L’amministrazione comunale di Pietrasanta, dopo la gaffe, sul chiamare la festa della Liberazione festa della Repubblica, si eclissa sulla questione tigli da abbattere. Dopo non aver rispettato gli accordi con una delegazione di cittadini voleva riprendere velocemente ad abbattere gli alberi ma ha trovato una piazza sempre più compatta e decisa a non arrendersi. Dopo il “Bella Ciao” tra i tigli il 25 aprile che non deve aver fatto piacere al sindaco Giovannetti, stamani martedì 27 aprile una giovane ragazza con coraggio e determinazione è entrata nel cantiere ed è salita su di un albero. Erano prima delle 8 quando Serena è salita su di un tiglio che stava per essere abbatuto.
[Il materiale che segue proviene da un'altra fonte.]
-- ===== src/Core/SessionStore/Bounds.antt =====
-- How many sessions the memory store keeps.
use mathlib.Core.Path.{subst}
use koraku.Prelude.{
  refl, ap, sym, ◌∙◌, Bool, true, false, ◌&&◌, ℕ, zero, suc, ◌+◌, ◌≤◌, ◌<◌, ◌≡◌, Option, none, some,
  [], ◌∷◌, ltb, leb, ltb→lt, ltb-false→le, length, text_equality, arith, inl, inr, Bool-cases,
}
use koraku.Prelude.Text.{Text, is_empty}
use koraku.Prelude.Dict
use koraku.Prelude.Dict.{
  Dict, IsUnique, length-put-le, length-remove-le, length-remove-lt, put-IsUnique, remove-IsUnique,
}
use koraku.Core.TtlCache.{oldest}
use koraku.Core.TtlCache.Oldest.{oldest_least, oldest-ne_none}
use koraku.Core.SessionStore.{
  Session, Sessions, Owner, StoreSettings, is_owned_by, save, drop_oldest, evict, drop_idle, prune,
  create_session, resume_session, requested_id, get_or_create,
}

-- To prove what holds on both sides of a test, each with the outcome of the test.
by_test :
    {A : Type 0} (P : A → Type 0) {x y : A} (b : Bool)
    → (b ≡ true → P x)
    → (b ≡ false → P y)
    → P (elim b [ true ↦ x | false ↦ y ])
by_test P true h k = h refl
by_test P false h k = k refl

abbrev without : Sessions → Option Text → Sessions
without sessions none = sessions
without sessions (some k) = Dict.remove sessions k

drop_oldest-eq : (sessions : Sessions) → drop_oldest sessions ≡ without sessions (oldest sessions)
drop_oldest-eq sessions = by_oldest (oldest sessions)
  where
    by_oldest :
        (o : Option Text)
        → (elim o as (λ _. Sessions) [ none ↦ sessions | some k ↦ Dict.remove sessions k ])
          ≡ without sessions o
    by_oldest none = refl
    by_oldest (some k) = refl

drop_oldest-lt :
    (sessions : Sessions)
    → IsUnique sessions
    → 0 < length sessions
    → length (drop_oldest sessions) < length sessions
drop_oldest-lt sessions h some_left =
    let (k, e) = oldest-ne_none sessions some_left in
    let (m, v, found, _) = oldest_least sessions k h e in
    subst (λ d. length d < length sessions)
      (sym (drop_oldest-eq sessions ∙ ap (without sessions) e))
      (length-remove-lt sessions k (m, v) found)

drop_oldest-IsUnique : (sessions : Sessions) → IsUnique sessions → IsUnique (drop_oldest sessions)
drop_oldest-IsUnique sessions h =
    subst IsUnique (sym (drop_oldest-eq sessions)) (by_oldest (oldest sessions))
  where
    by_oldest : (o : Option Text) → IsUnique (without sessions o)
    by_oldest none = h
    by_oldest (some k) = remove-IsUnique sessions k h

-- The fuel of the eviction is enough.
evict-bounded :
    (fuel max_n : ℕ) (sessions : Sessions)
    → IsUnique sessions
    → length sessions ≤ max_n + fuel
    → (length (evict fuel max_n sessions) ≤ max_n) × IsUnique (evict fuel max_n sessions)
unfolding evict
evict-bounded zero max_n sessions h few = (omega (arith, few), h)
evict-bounded (suc fuel) max_n sessions h few =
    by_test {A = Sessions} (λ d. (length d ≤ max_n) × IsUnique d) (ltb max_n (length sessions))
      (λ many. evict-bounded fuel max_n (drop_oldest sessions) (drop_oldest-IsUnique sessions h) (
        omega (
          arith,
          few,
          drop_oldest-lt sessions h (omega (arith, ltb→lt max_n (length sessions) many)),
        )))
      (λ fits. (ltb-false→le max_n (length sessions) fits, h))

get-drop_idle-none :
    (settings : StoreSettings) (now : ℕ) (sessions : Sessions) (k : Text)
    → Dict.get sessions k ≡ none
    → Dict.get (drop_idle settings now sessions) k ≡ none
unfolding Dict.get drop_idle
get-drop_idle-none settings now [] k h = h
get-drop_idle-none settings now ((sid, (updated_at, s)) ∷ rest) k h =
    ground (arith, get-drop_idle-none settings now rest k, h)

drop_idle-IsUnique :
    (settings : StoreSettings) (now : ℕ) (sessions : Sessions)
    → IsUnique sessions
    → IsUnique (drop_idle settings now sessions)
unfolding drop_idle
drop_idle-IsUnique settings now [] h = h
drop_idle-IsUnique settings now ((sid, (updated_at, s)) ∷ rest) h =
    by_test {A = Sessions} (λ d. IsUnique d) (ltb (updated_at + settings.session_ttl) now)
      (λ idle. drop_idle-IsUnique settings now rest h.1)
      (λ live.
        (get-drop_idle-none settings now rest sid h.0, drop_idle-IsUnique settings now rest h.1))

pub prune-bounded :
    (settings : StoreSettings) (now : ℕ) (sessions : Sessions)
    → IsUnique sessions
    → (length (prune settings now sessions) ≤ settings.session_store_max)
      × IsUnique (prune settings now sessions)
unfolding prune
prune-bounded settings now sessions h =
    let live : Sessions = drop_idle settings now sessions in
    evict-bounded (length live) settings.session_store_max live
      (drop_idle-IsUnique settings now sessions h) (omega arith)

-- A store that has no id twice, whatever it holds, holds `session_store_max` sessions and one more
-- at most after any `get_or_create`, and again no id twice.
pub get_or_create_bounded :
    (is_uuid : Text → Bool) (settings : StoreSettings) (fresh : Text) (now : ℕ)
    (raw_session_id : Option Text) (owner : Owner) (sessions : Sessions)
    → IsUnique sessions
    → let after : Sessions =
        (get_or_create is_uuid settings fresh now raw_session_id owner sessions).0 in
      (length after ≤ settings.session_store_max + 1) × IsUnique after
unfolding get_or_create create_session resume_session save
get_or_create_bounded is_uuid settings fresh now raw_session_id owner sessions h =
    elim (Bool-cases (is_empty rs)) [
      | inl blank ↦ rw blank (
          saved pruned (create_session fresh now [] owner pruned).1
            (prune-bounded settings now sessions h))
      | inr asked ↦ rw asked (resumed (Dict.get pruned rs) (prune-bounded settings now sessions h))
    ]
  where
    pruned : Sessions
    pruned = prune settings now sessions

    rs : Text
    rs = requested_id is_uuid raw_session_id

    Small : Sessions → Type 0
    Small d = (length d ≤ settings.session_store_max + 1) × IsUnique d

    saved :
        (d : Sessions) (s : Session)
        → (length d ≤ settings.session_store_max) × IsUnique d
        → Small (save d s now)
    saved d s (few, unique) = (
      omega (arith, few, length-put-le d s.session_id (now, s)),
      put-IsUnique d s.session_id (now, s) unique,
    )

    resumed :
        (found : Option (ℕ × Session))
        → (length pruned ≤ settings.session_store_max) × IsUnique pruned
        → Small ((resume_session settings fresh now rs owner pruned found).0)
    resumed none small = saved pruned _ small
    resumed (some (updated_at, existing)) (few, unique) =
        elim (Bool-cases
          (is_owned_by existing owner && leb now (updated_at + settings.session_ttl))) [
            | inl same ↦ rw same (saved pruned existing (few, unique))
            | inr other ↦ rw other (
                saved (Dict.remove pruned rs) _ (
                  omega (arith, few, length-remove-le pruned rs),
                  remove-IsUnique pruned rs unique,
                ))
          ]
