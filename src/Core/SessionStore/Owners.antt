-- ===== src/Core/SessionStore/Owners.antt =====
-- Whose sessions a caller gets.
use koraku.Prelude.{
  Bool, true, false, ◌&&◌, ℕ, ◌+◌, ◌≡◌, refl, ap, Option, none, some, [], leb, text_equality, arith,
  ◌⊎◌, inl, inr, Bool-cases,
}
use koraku.Prelude.Text.{Text, is_empty}
use koraku.Prelude.Dict
use koraku.Prelude.Dict.{Dict}
use koraku.Core.SessionStore.{
  Session, Sessions, Owner, StoreSettings, option_beq, is_owned_by, prune, create_session,
  resume_session, requested_id, get_or_create,
}

option_beq→eq : (a b : Option Text) → option_beq a b ≡ true → a ≡ b
option_beq→eq none none h = refl
option_beq→eq none (some b) h = absurd (ground arith)
option_beq→eq (some a) none h = absurd (ground arith)
option_beq→eq (some a) (some b) h = ap some ((text_equality.equal_iff a b).0 h)

and_true : (a b : Bool) → (a && b) ≡ true → (a ≡ true) × (b ≡ true)
and_true true b h = (refl, h)
and_true false b h = absurd (ground arith)

-- The session that `get_or_create` returns belongs to the caller; it is empty, or else it is the
-- session that the pruned store holds under the requested id.
pub get_or_create_owned :
    (is_uuid : Text → Bool) (settings : StoreSettings) (fresh : Text) (now : ℕ)
    (raw_session_id : Option Text) (owner : Owner) (sessions : Sessions)
    → let session : Session =
        (get_or_create is_uuid settings fresh now raw_session_id owner sessions).1 in
      (session.owner_sub ≡ owner.sub)
      × (session.owner_org_id ≡ owner.org_id)
      × ((session.messages ≡ [])
          ⊎ ((updated_at : ℕ) × (Dict.get
                  (prune settings now sessions)
                  (requested_id is_uuid raw_session_id)
                ≡ some (updated_at, session))))
unfolding get_or_create create_session resume_session
get_or_create_owned is_uuid settings fresh now raw_session_id owner sessions =
    elim (Bool-cases (is_empty rs)) [
      | inl blank ↦ rw blank (refl, refl, inl refl)
      | inr asked ↦ rw asked (resumed (Dict.get pruned rs) refl)
    ]
  where
    pruned : Sessions
    pruned = prune settings now sessions

    rs : Text
    rs = requested_id is_uuid raw_session_id

    Owned : Option (ℕ × Session) → Session → Type 0
    Owned found session =
        (session.owner_sub ≡ owner.sub)
        × (session.owner_org_id ≡ owner.org_id)
        × ((session.messages ≡ []) ⊎ ((updated_at : ℕ) × (found ≡ some (updated_at, session))))

    resumed :
        (found : Option (ℕ × Session))
        → Dict.get pruned rs ≡ found
        → Owned (Dict.get pruned rs) ((resume_session settings fresh now rs owner pruned found).1)
    resumed none e = (refl, refl, inl refl)
    resumed (some (updated_at, existing)) e =
        elim (Bool-cases
          (is_owned_by existing owner && leb now (updated_at + settings.session_ttl))) [
            | inl same ↦
                let owned : is_owned_by existing owner ≡ true =
                  (and_true (is_owned_by existing owner) _ same).0 in
                let (sub, org) =
                  and_true (option_beq existing.owner_sub owner.sub)
                    (option_beq existing.owner_org_id owner.org_id) owned in
                rw same (option_beq→eq _ _ sub, option_beq→eq _ _ org, inr (updated_at, e))
            | inr other ↦ rw other (refl, refl, inl refl)
          ]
Man mano la piazza si è riempita e i manifestanti hanno inneggiato a Serena salutandola con ripetuti applausi. Alcuni ragazzi, con lo striscione “Pietrasanta non è il vostro parco giochi”, hanno improvvisato un piccolo corteo per la via di mezzo. Intanto stamani le scale del comune di Pietrasanta sono state riempite dalla segature dei tigli. Insomma proseguono gli atti di disobbedienza civile per difendere i tigli. Tra mezzogiorno e l’una, dopo che l’amministrazione ha deciso di sospendere momentaneamente i lavori e aprire un nuovo tavolo, la ragazza è scesa tra gli applausi della gente. Il cantiere è stato dosmesso. Nei prossimi giorni vedremo come evolverà la situazione. Gli insegnamenti che però emergono sono due. Il primo che la lotta paga. Il secondo che la repressione non deve intimorire.